The entries below should be output exactly as written.
____
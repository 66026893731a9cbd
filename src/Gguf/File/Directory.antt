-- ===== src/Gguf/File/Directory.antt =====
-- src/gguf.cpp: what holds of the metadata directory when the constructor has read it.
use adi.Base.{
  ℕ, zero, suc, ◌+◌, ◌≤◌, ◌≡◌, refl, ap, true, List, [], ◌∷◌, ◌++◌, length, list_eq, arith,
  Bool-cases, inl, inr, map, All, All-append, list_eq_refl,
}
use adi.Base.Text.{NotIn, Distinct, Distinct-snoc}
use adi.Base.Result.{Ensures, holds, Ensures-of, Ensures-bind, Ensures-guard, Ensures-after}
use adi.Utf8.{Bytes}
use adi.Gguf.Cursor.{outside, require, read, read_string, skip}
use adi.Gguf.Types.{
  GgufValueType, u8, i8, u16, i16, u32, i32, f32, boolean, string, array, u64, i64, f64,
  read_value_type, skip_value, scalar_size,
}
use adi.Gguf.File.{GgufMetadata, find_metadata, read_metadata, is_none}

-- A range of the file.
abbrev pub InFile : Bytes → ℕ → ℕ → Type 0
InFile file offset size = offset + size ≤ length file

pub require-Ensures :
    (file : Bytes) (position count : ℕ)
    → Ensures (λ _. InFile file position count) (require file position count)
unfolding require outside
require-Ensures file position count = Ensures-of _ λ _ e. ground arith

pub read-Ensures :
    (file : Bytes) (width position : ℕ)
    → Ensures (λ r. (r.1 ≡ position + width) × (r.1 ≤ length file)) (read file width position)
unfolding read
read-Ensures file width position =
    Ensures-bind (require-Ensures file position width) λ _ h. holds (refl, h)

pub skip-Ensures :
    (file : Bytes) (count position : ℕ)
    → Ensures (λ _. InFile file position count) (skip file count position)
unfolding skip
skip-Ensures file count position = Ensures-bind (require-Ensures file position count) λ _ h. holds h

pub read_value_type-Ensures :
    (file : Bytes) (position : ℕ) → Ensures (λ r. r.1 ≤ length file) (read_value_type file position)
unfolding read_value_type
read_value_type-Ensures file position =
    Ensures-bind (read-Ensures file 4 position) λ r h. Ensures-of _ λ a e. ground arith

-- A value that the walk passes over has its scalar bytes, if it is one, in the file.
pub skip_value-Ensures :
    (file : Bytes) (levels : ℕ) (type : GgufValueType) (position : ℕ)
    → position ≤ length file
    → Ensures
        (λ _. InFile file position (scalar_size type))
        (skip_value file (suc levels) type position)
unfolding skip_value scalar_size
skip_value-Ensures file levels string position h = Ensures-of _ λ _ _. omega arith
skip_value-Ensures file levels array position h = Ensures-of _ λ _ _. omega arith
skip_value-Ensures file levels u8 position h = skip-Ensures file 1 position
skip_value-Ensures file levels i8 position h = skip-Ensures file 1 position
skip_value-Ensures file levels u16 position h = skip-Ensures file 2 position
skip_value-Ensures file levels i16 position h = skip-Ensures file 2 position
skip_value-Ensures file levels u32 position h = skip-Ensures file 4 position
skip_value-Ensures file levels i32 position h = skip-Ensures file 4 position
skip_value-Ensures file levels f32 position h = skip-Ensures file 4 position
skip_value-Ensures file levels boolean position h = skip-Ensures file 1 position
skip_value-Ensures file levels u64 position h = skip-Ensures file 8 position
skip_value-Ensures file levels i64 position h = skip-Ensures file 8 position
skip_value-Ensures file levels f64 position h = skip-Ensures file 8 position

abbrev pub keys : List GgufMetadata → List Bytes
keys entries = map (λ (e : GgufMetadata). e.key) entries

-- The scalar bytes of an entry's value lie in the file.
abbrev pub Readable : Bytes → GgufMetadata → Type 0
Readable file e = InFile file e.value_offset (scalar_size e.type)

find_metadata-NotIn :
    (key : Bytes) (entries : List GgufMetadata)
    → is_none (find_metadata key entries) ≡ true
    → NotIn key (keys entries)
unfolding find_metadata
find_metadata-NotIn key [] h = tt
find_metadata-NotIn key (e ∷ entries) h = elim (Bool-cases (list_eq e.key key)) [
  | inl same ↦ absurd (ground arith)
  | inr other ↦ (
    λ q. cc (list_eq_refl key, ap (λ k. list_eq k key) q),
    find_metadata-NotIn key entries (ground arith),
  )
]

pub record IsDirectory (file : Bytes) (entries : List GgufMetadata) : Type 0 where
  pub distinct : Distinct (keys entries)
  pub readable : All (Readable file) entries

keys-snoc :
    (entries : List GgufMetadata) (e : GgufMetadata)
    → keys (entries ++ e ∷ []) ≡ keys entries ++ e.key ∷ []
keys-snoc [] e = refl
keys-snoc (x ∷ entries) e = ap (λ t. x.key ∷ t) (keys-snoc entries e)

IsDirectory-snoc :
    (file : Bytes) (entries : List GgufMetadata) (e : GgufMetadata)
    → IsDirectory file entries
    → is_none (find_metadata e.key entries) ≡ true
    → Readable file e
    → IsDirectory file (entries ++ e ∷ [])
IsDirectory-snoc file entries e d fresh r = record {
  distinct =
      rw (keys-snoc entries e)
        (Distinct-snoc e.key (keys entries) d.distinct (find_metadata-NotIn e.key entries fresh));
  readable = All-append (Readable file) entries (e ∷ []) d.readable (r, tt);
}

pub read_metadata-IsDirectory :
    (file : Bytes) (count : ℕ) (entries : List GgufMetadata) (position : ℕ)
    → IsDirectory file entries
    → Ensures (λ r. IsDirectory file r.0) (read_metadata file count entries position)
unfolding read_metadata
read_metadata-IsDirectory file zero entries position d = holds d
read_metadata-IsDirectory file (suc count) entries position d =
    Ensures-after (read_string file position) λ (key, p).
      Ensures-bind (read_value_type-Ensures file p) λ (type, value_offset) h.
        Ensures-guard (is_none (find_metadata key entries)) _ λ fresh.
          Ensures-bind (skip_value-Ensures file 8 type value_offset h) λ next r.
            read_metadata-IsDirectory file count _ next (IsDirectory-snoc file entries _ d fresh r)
____
SOLUTION FOR THIS PROBLEM -
repository 66026893731a9cbd
filename src/Gguf/File/Directory.antt
-- ===== src/Gguf/File/Directory.antt =====
-- src/gguf.cpp: what holds of the metadata directory when the constructor has read it.
use adi.Base.{
  ℕ, zero, suc, ◌+◌, ◌≤◌, ◌≡◌, refl, ap, true, List, [], ◌∷◌, ◌++◌, length, list_eq, arith,
  Bool-cases, inl, inr, map, All, All-append, list_eq_refl,
}
use adi.Base.Text.{NotIn, Distinct, Distinct-snoc}
use adi.Base.Result.{Ensures, holds, Ensures-of, Ensures-bind, Ensures-guard, Ensures-after}
use adi.Utf8.{Bytes}
use adi.Gguf.Cursor.{outside, require, read, read_string, skip}
use adi.Gguf.Types.{
  GgufValueType, u8, i8, u16, i16, u32, i32, f32, boolean, string, array, u64, i64, f64,
  read_value_type, skip_value, scalar_size,
}
use adi.Gguf.File.{GgufMetadata, find_metadata, read_metadata, is_none}

-- A range of the file.
abbrev pub InFile : Bytes → ℕ → ℕ → Type 0
InFile file offset size = offset + size ≤ length file

pub require-Ensures :
    (file : Bytes) (position count : ℕ)
    → Ensures (λ _. InFile file position count) (require file position count)
unfolding require outside
require-Ensures file position count = Ensures-of _ λ _ e. ground arith

pub read-Ensures :
    (file : Bytes) (width position : ℕ)
    → Ensures (λ r. (r.1 ≡ position + width) × (r.1 ≤ length file)) (read file width position)
unfolding read
read-Ensures file width position =
    Ensures-bind (require-Ensures file position width) λ _ h. holds (refl, h)

pub skip-Ensures :
    (file : Bytes) (count position : ℕ)
    → Ensures (λ _. InFile file position count) (skip file count position)
unfolding skip
skip-Ensures file count position = Ensures-bind (require-Ensures file position count) λ _ h. holds h

pub read_value_type-Ensures :
    (file : Bytes) (position : ℕ) → Ensures (λ r. r.1 ≤ length file) (read_value_type file position)
unfolding read_value_type
read_value_type-Ensures file position =
    Ensures-bind (read-Ensures file 4 position) λ r h. Ensures-of _ λ a e. ground arith

-- A value that the walk passes over has its scalar bytes, if it is one, in the file.
pub skip_value-Ensures :
    (file : Bytes) (levels : ℕ) (type : GgufValueType) (position : ℕ)
    → position ≤ length file
    → Ensures
        (λ _. InFile file position (scalar_size type))
        (skip_value file (suc levels) type position)
unfolding skip_value scalar_size
skip_value-Ensures file levels string position h = Ensures-of _ λ _ _. omega arith
skip_value-Ensures file levels array position h = Ensures-of _ λ _ _. omega arith
skip_value-Ensures file levels u8 position h = skip-Ensures file 1 position
skip_value-Ensures file levels i8 position h = skip-Ensures file 1 position
skip_value-Ensures file levels u16 position h = skip-Ensures file 2 position
skip_value-Ensures file levels i16 position h = skip-Ensures file 2 position
skip_value-Ensures file levels u32 position h = skip-Ensures file 4 position
skip_value-Ensures file levels i32 position h = skip-Ensures file 4 position
skip_value-Ensures file levels f32 position h = skip-Ensures file 4 position
skip_value-Ensures file levels boolean position h = skip-Ensures file 1 position
skip_value-Ensures file levels u64 position h = skip-Ensures file 8 position
skip_value-Ensures file levels i64 position h = skip-Ensures file 8 position
skip_value-Ensures file levels f64 position h = skip-Ensures file 8 position

abbrev pub keys : List GgufMetadata → List Bytes
keys entries = map (λ (e : GgufMetadata). e.key) entries

-- The scalar bytes of an entry's value lie in the file.
abbrev pub Readable : Bytes → GgufMetadata → Type 0
Readable file e = InFile file e.value_offset (scalar_size e.type)

find_metadata-NotIn :
    (key : Bytes) (entries : List GgufMetadata)
    → is_none (find_metadata key entries) ≡ true
    → NotIn key (keys entries)
unfolding find_metadata
find_metadata-NotIn key [] h = tt
find_metadata-NotIn key (e ∷ entries) h = elim (Bool-cases (list_eq e.key key)) [
  | inl same ↦ absurd (ground arith)
  | inr other ↦ (
    λ q. cc (list_eq_refl key, ap (λ k. list_eq k key) q),
    find_metadata-NotIn key entries (ground arith),
  )
]

pub record IsDirectory (file : Bytes) (entries : List GgufMetadata) : Type 0 where
  pub distinct : Distinct (keys entries)
  pub readable : All (Readable file) entries

keys-snoc :
    (entries : List GgufMetadata) (e : GgufMetadata)
    → keys (entries ++ e ∷ []) ≡ keys entries ++ e.key ∷ []
keys-snoc [] e = refl
keys-snoc (x ∷ entries) e = ap (λ t. x.key ∷ t) (keys-snoc entries e)

IsDirectory-snoc :
    (file : Bytes) (entries : List GgufMetadata) (e : GgufMetadata)
    → IsDirectory file entries
    → is_none (find_metadata e.key entries) ≡ true
    → Readable file e
    → IsDirectory file (entries ++ e ∷ [])
IsDirectory-snoc file entries e d fresh r = record {
  distinct =
      rw (keys-snoc entries e)
        (Distinct-snoc e.key (keys entries) d.distinct (find_metadata-NotIn e.key entries fresh));
  readable = All-append (Readable file) entries (e ∷ []) d.readable (r, tt);
}

pub read_metadata-IsDirectory :
    (file : Bytes) (count : ℕ) (entries : List GgufMetadata) (position : ℕ)
    → IsDirectory file entries
    → Ensures (λ r. IsDirectory file r.0) (read_metadata file count entries position)
unfolding read_metadata
read_metadata-IsDirectory file zero entries position d = holds d
read_metadata-IsDirectory file (suc count) entries position d =
    Ensures-after (read_string file position) λ (key, p).
      Ensures-bind (read_value_type-Ensures file p) λ (type, value_offset) h.
        Ensures-guard (is_none (find_metadata key entries)) _ λ fresh.
          Ensures-bind (skip_value-Ensures file 8 type value_offset h) λ next r.
            read_metadata-IsDirectory file count _ next (IsDirectory-snoc file entries _ d fresh r)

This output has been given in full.